** Opening Supplied records block **

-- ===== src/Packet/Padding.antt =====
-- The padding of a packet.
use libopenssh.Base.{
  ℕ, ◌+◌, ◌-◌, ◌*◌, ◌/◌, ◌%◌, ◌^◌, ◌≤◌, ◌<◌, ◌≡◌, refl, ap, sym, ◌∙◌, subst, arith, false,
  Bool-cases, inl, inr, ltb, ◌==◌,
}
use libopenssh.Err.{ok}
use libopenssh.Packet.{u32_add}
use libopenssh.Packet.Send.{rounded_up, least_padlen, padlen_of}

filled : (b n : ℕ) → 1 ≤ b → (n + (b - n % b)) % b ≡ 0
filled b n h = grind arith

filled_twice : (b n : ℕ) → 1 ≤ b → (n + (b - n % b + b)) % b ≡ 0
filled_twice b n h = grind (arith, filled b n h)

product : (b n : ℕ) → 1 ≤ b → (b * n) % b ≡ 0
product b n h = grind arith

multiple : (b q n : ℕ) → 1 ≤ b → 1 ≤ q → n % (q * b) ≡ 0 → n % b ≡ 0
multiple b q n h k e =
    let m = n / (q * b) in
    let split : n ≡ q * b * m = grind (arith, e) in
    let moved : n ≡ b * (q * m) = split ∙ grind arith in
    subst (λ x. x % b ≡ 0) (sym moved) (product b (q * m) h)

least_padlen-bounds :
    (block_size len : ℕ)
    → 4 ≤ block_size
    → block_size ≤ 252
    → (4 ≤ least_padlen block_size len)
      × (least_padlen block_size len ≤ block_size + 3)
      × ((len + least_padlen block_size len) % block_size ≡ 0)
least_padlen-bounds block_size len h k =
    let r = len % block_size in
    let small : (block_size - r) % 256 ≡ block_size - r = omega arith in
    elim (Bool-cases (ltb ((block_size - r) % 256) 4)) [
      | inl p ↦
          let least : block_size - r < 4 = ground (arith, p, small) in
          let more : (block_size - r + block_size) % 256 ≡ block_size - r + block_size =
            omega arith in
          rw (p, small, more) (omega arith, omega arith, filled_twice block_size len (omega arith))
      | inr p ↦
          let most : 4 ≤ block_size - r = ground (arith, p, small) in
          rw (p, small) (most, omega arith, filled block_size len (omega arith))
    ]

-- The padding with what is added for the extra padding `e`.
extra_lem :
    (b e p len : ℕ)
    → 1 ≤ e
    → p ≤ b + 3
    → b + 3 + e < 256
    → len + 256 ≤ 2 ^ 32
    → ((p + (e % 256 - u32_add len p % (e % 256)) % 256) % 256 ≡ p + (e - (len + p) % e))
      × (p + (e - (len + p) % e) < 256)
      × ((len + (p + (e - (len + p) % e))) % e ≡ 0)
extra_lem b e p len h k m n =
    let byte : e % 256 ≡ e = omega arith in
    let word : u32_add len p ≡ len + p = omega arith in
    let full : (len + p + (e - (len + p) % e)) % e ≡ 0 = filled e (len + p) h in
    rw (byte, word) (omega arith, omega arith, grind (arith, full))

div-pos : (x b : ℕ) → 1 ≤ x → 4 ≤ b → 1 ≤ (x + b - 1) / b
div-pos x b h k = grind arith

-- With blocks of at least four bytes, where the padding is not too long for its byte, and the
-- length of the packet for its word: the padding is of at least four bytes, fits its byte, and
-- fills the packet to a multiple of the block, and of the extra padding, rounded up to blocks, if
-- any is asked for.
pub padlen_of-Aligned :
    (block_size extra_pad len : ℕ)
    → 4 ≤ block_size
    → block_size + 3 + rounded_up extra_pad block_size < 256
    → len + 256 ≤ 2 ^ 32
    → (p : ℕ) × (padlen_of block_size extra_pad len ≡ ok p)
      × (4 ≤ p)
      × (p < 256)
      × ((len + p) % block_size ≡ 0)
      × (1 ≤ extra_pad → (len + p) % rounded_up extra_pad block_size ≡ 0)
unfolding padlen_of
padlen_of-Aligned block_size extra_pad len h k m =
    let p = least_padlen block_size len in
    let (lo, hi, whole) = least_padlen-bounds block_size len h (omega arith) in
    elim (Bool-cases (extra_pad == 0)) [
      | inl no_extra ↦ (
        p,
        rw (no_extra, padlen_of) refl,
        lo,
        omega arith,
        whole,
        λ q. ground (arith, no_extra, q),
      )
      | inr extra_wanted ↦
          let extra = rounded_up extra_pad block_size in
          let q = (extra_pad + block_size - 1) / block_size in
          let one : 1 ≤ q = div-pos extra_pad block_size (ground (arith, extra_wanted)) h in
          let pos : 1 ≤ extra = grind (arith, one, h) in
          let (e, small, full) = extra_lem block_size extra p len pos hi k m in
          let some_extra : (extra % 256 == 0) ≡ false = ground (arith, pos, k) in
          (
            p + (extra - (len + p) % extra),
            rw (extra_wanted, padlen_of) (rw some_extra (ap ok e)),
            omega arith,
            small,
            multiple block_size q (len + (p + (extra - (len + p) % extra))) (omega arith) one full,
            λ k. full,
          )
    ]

** Closing Supplied records block **

# Work instructions:
Where a line of the records contains the word "elim", copy that line.

# Finished exercise:
    elim (Bool-cases (ltb ((block_size - r) % 256) 4)) [
    elim (Bool-cases (extra_pad == 0)) [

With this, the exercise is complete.